(Data records)
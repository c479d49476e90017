-- ===== src/Application/ControlDeck/Sound.antt =====
-- `submit_control` of backend/app/application/control_deck.py keeps every stored trace replayable.
use organization_ai.Base.{
  ℕ, false, String, Option, some, List, ◌≡◌, ◌==◌, ==_iff, inl, inr, refl, ap, sym, ◌∙◌, subst,
  Bool-cases,
}
use organization_ai.Base.Json.{Uuid}
use organization_ai.Base.Query.{any}
use organization_ai.Base.Result.{Result, ok}
use organization_ai.Policy.Evaluator.{assert_present}
use organization_ai.Persistence.Rows.{DecisionRow, EventRow, Database, StoredTrace}
use organization_ai.Persistence.Repository.{find_trace, find_trace_for_update, add_control_event}
use organization_ai.Persistence.Untouched.{IsForeign, find_trace-untouched}
use organization_ai.Persistence.Appended.{find_trace-add_control_event}
use organization_ai.Persistence.Engine.{Engine}
use organization_ai.Application.Views.{TraceReadModel, ServiceError, lift}
use organization_ai.Application.Sound.{IsReplayable, IsSound}
use organization_ai.Application.History.{Effects}
use organization_ai.Application.ControlDeck.{
  ControlRequest, plan_on, control_event, control_locked, submit_control,
}
use organization_ai.Application.ControlDeck.Appended.{
  with_event, control_event_above, IsReplayable-with_event,
}
use organization_ai.Application.ControlDeck.Atomic.{
  fingerprint_of, Appends, WritesOneEvent, submit_control-WritesOneEvent,
}

pub IsForeign-add_control_event :
    (e : EventRow) (t : Uuid) → (e.trace_id == t) ≡ false → IsForeign (add_control_event e) t
unfolding add_control_event any
IsForeign-add_control_event e t other = record {
  cases = refl;
  decisions = refl;
  events = rw (other) refl;
}

pub decision_same :
    {stored : StoredTrace} {d : DecisionRow} (r : IsReplayable stored)
    → stored.decision ≡ some d
    → d ≡ r.decision
decision_same r h = cc (r.has_decision)

pub assert_present-some :
    {o : Option DecisionRow} {d : DecisionRow} → o ≡ some d → lift (assert_present o) ≡ ok d
unfolding assert_present
assert_present-some h = ap (λ (o : Option DecisionRow). lift (assert_present o)) h

pub submit_control-locked :
    (engine : Engine) (sha256 : List ℕ → String) (fx : Effects) (others : Database → Database)
    (rq : ControlRequest) (db : Database)
    → submit_control engine sha256 fx others rq db
      ≡ control_locked engine sha256 fx others rq
          (fingerprint_of sha256 rq)
          (find_trace db rq.trace_id)
          db
unfolding submit_control find_trace_for_update
submit_control-locked engine sha256 fx others rq db = refl

module _ (fx : Effects) (fingerprint : String) (rq : ControlRequest) (db others : Database)
    (r : Result ServiceError TraceReadModel × Database) (sound : IsSound db)
    (locked : find_trace others rq.trace_id ≡ find_trace db rq.trace_id)
    (a : Appends fx fingerprint rq db others r) where
  abbrev pub appended : EventRow
  appended = control_event fx rq fingerprint a.stored a.planned

  pub replayable : IsReplayable a.stored
  replayable = sound rq.trace_id a.stored a.found

  plans : plan_on rq a.stored replayable.decision ≡ ok a.planned
  plans =
      subst (λ (d : DecisionRow). plan_on rq a.stored d ≡ ok a.planned)
        (decision_same replayable a.has_decision) a.plans

  pub of_trace : appended.trace_id ≡ rq.trace_id
  unfolding control_event
  of_trace = refl

  -- The trace is found again with the event at its end.
  pub find_trace-appended : find_trace r.1 rq.trace_id ≡ some (with_event a.stored appended)
  find_trace-appended = rw (a.inserted) (
      find_trace-add_control_event others rq.trace_id a.stored appended (locked ∙ a.found) of_trace
        (control_event_above rq a.stored replayable fx fingerprint a.planned))

  pub IsReplayable_appended : IsReplayable (with_event a.stored appended)
  IsReplayable_appended =
      IsReplayable-with_event rq a.stored replayable fx fingerprint a.planned plans

  pub IsSound-appended : IsSound others → IsSound r.1
  IsSound-appended sound' t stored there = elim (Bool-cases (rq.trace_id == t)) [
    | inl same ↦
        let at : rq.trace_id ≡ t = (==_iff rq.trace_id t).0 same in
        subst IsReplayable (cc (find_trace-appended, at)) IsReplayable_appended
    | inr other ↦ sound' t stored (
        sym (
          ap (λ (tables : Database). find_trace tables t) a.inserted
          ∙ find_trace-untouched others (add_control_event appended) t
              (IsForeign-add_control_event appended t (rw (of_trace) other)))
        ∙ there)
  ]

IsSound-WritesOneEvent :
    (fx : Effects) (fingerprint : String) (rq : ControlRequest) (db others : Database)
    (r : Result ServiceError TraceReadModel × Database)
    → IsSound db
    → IsSound others
    → find_trace others rq.trace_id ≡ find_trace db rq.trace_id
    → WritesOneEvent fx fingerprint rq db others r
    → IsSound r.1
IsSound-WritesOneEvent fx fingerprint rq db others r sound sound' locked (inl a) =
    IsSound-appended fx fingerprint rq db others r sound locked a sound'
IsSound-WritesOneEvent fx fingerprint rq db others r sound sound' locked (inr (inl same)) =
    subst IsSound (sym same) sound
IsSound-WritesOneEvent fx fingerprint rq db others r sound sound' locked (inr (inr same)) =
    subst IsSound (sym same) sound'

-- If every trace of the tables could be replayed before the call, and every trace as other
-- transactions leave them, and these leave the locked trace as it is, then every trace can be
-- replayed after the call, whether it returns or raises.
pub submit_control-IsSound :
    (engine : Engine) (sha256 : List ℕ → String) (fx : Effects) (others : Database → Database)
    (rq : ControlRequest) (db : Database)
    → IsSound db
    → IsSound (others db)
    → find_trace (others db) rq.trace_id ≡ find_trace db rq.trace_id
    → IsSound (submit_control engine sha256 fx others rq db).1
submit_control-IsSound engine sha256 fx others rq db sound sound' locked =
    IsSound-WritesOneEvent fx (fingerprint_of sha256 rq) rq db (others db)
      (submit_control engine sha256 fx others rq db) sound sound' locked
      (submit_control-WritesOneEvent engine sha256 fx others rq db)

### Required work
An exact restatement of the data is required.

### Answer to the exercise
repository c479d49476e90017
-- ===== src/Application/ControlDeck/Sound.antt =====
-- `submit_control` of backend/app/application/control_deck.py keeps every stored trace replayable.
use organization_ai.Base.{
  ℕ, false, String, Option, some, List, ◌≡◌, ◌==◌, ==_iff, inl, inr, refl, ap, sym, ◌∙◌, subst,
  Bool-cases,
}
use organization_ai.Base.Json.{Uuid}
use organization_ai.Base.Query.{any}
use organization_ai.Base.Result.{Result, ok}
use organization_ai.Policy.Evaluator.{assert_present}
use organization_ai.Persistence.Rows.{DecisionRow, EventRow, Database, StoredTrace}
use organization_ai.Persistence.Repository.{find_trace, find_trace_for_update, add_control_event}
use organization_ai.Persistence.Untouched.{IsForeign, find_trace-untouched}
use organization_ai.Persistence.Appended.{find_trace-add_control_event}
use organization_ai.Persistence.Engine.{Engine}
use organization_ai.Application.Views.{TraceReadModel, ServiceError, lift}
use organization_ai.Application.Sound.{IsReplayable, IsSound}
use organization_ai.Application.History.{Effects}
use organization_ai.Application.ControlDeck.{
  ControlRequest, plan_on, control_event, control_locked, submit_control,
}
use organization_ai.Application.ControlDeck.Appended.{
  with_event, control_event_above, IsReplayable-with_event,
}
use organization_ai.Application.ControlDeck.Atomic.{
  fingerprint_of, Appends, WritesOneEvent, submit_control-WritesOneEvent,
}

pub IsForeign-add_control_event :
    (e : EventRow) (t : Uuid) → (e.trace_id == t) ≡ false → IsForeign (add_control_event e) t
unfolding add_control_event any
IsForeign-add_control_event e t other = record {
  cases = refl;
  decisions = refl;
  events = rw (other) refl;
}

pub decision_same :
    {stored : StoredTrace} {d : DecisionRow} (r : IsReplayable stored)
    → stored.decision ≡ some d
    → d ≡ r.decision
decision_same r h = cc (r.has_decision)

pub assert_present-some :
    {o : Option DecisionRow} {d : DecisionRow} → o ≡ some d → lift (assert_present o) ≡ ok d
unfolding assert_present
assert_present-some h = ap (λ (o : Option DecisionRow). lift (assert_present o)) h

pub submit_control-locked :
    (engine : Engine) (sha256 : List ℕ → String) (fx : Effects) (others : Database → Database)
    (rq : ControlRequest) (db : Database)
    → submit_control engine sha256 fx others rq db
      ≡ control_locked engine sha256 fx others rq
          (fingerprint_of sha256 rq)
          (find_trace db rq.trace_id)
          db
unfolding submit_control find_trace_for_update
submit_control-locked engine sha256 fx others rq db = refl

module _ (fx : Effects) (fingerprint : String) (rq : ControlRequest) (db others : Database)
    (r : Result ServiceError TraceReadModel × Database) (sound : IsSound db)
    (locked : find_trace others rq.trace_id ≡ find_trace db rq.trace_id)
    (a : Appends fx fingerprint rq db others r) where
  abbrev pub appended : EventRow
  appended = control_event fx rq fingerprint a.stored a.planned

  pub replayable : IsReplayable a.stored
  replayable = sound rq.trace_id a.stored a.found

  plans : plan_on rq a.stored replayable.decision ≡ ok a.planned
  plans =
      subst (λ (d : DecisionRow). plan_on rq a.stored d ≡ ok a.planned)
        (decision_same replayable a.has_decision) a.plans

  pub of_trace : appended.trace_id ≡ rq.trace_id
  unfolding control_event
  of_trace = refl

  -- The trace is found again with the event at its end.
  pub find_trace-appended : find_trace r.1 rq.trace_id ≡ some (with_event a.stored appended)
  find_trace-appended = rw (a.inserted) (
      find_trace-add_control_event others rq.trace_id a.stored appended (locked ∙ a.found) of_trace
        (control_event_above rq a.stored replayable fx fingerprint a.planned))

  pub IsReplayable_appended : IsReplayable (with_event a.stored appended)
  IsReplayable_appended =
      IsReplayable-with_event rq a.stored replayable fx fingerprint a.planned plans

  pub IsSound-appended : IsSound others → IsSound r.1
  IsSound-appended sound' t stored there = elim (Bool-cases (rq.trace_id == t)) [
    | inl same ↦
        let at : rq.trace_id ≡ t = (==_iff rq.trace_id t).0 same in
        subst IsReplayable (cc (find_trace-appended, at)) IsReplayable_appended
    | inr other ↦ sound' t stored (
        sym (
          ap (λ (tables : Database). find_trace tables t) a.inserted
          ∙ find_trace-untouched others (add_control_event appended) t
              (IsForeign-add_control_event appended t (rw (of_trace) other)))
        ∙ there)
  ]

IsSound-WritesOneEvent :
    (fx : Effects) (fingerprint : String) (rq : ControlRequest) (db others : Database)
    (r : Result ServiceError TraceReadModel × Database)
    → IsSound db
    → IsSound others
    → find_trace others rq.trace_id ≡ find_trace db rq.trace_id
    → WritesOneEvent fx fingerprint rq db others r
    → IsSound r.1
IsSound-WritesOneEvent fx fingerprint rq db others r sound sound' locked (inl a) =
    IsSound-appended fx fingerprint rq db others r sound locked a sound'
IsSound-WritesOneEvent fx fingerprint rq db others r sound sound' locked (inr (inl same)) =
    subst IsSound (sym same) sound
IsSound-WritesOneEvent fx fingerprint rq db others r sound sound' locked (inr (inr same)) =
    subst IsSound (sym same) sound'

-- If every trace of the tables could be replayed before the call, and every trace as other
-- transactions leave them, and these leave the locked trace as it is, then every trace can be
-- replayed after the call, whether it returns or raises.
pub submit_control-IsSound :
    (engine : Engine) (sha256 : List ℕ → String) (fx : Effects) (others : Database → Database)
    (rq : ControlRequest) (db : Database)
    → IsSound db
    → IsSound (others db)
    → find_trace (others db) rq.trace_id ≡ find_trace db rq.trace_id
    → IsSound (submit_control engine sha256 fx others rq db).1
submit_control-IsSound engine sha256 fx others rq db sound sound' locked =
    IsSound-WritesOneEvent fx (fingerprint_of sha256 rq) rq db (others db)
      (submit_control engine sha256 fx others rq db) sound sound' locked
      (submit_control-WritesOneEvent engine sha256 fx others rq db)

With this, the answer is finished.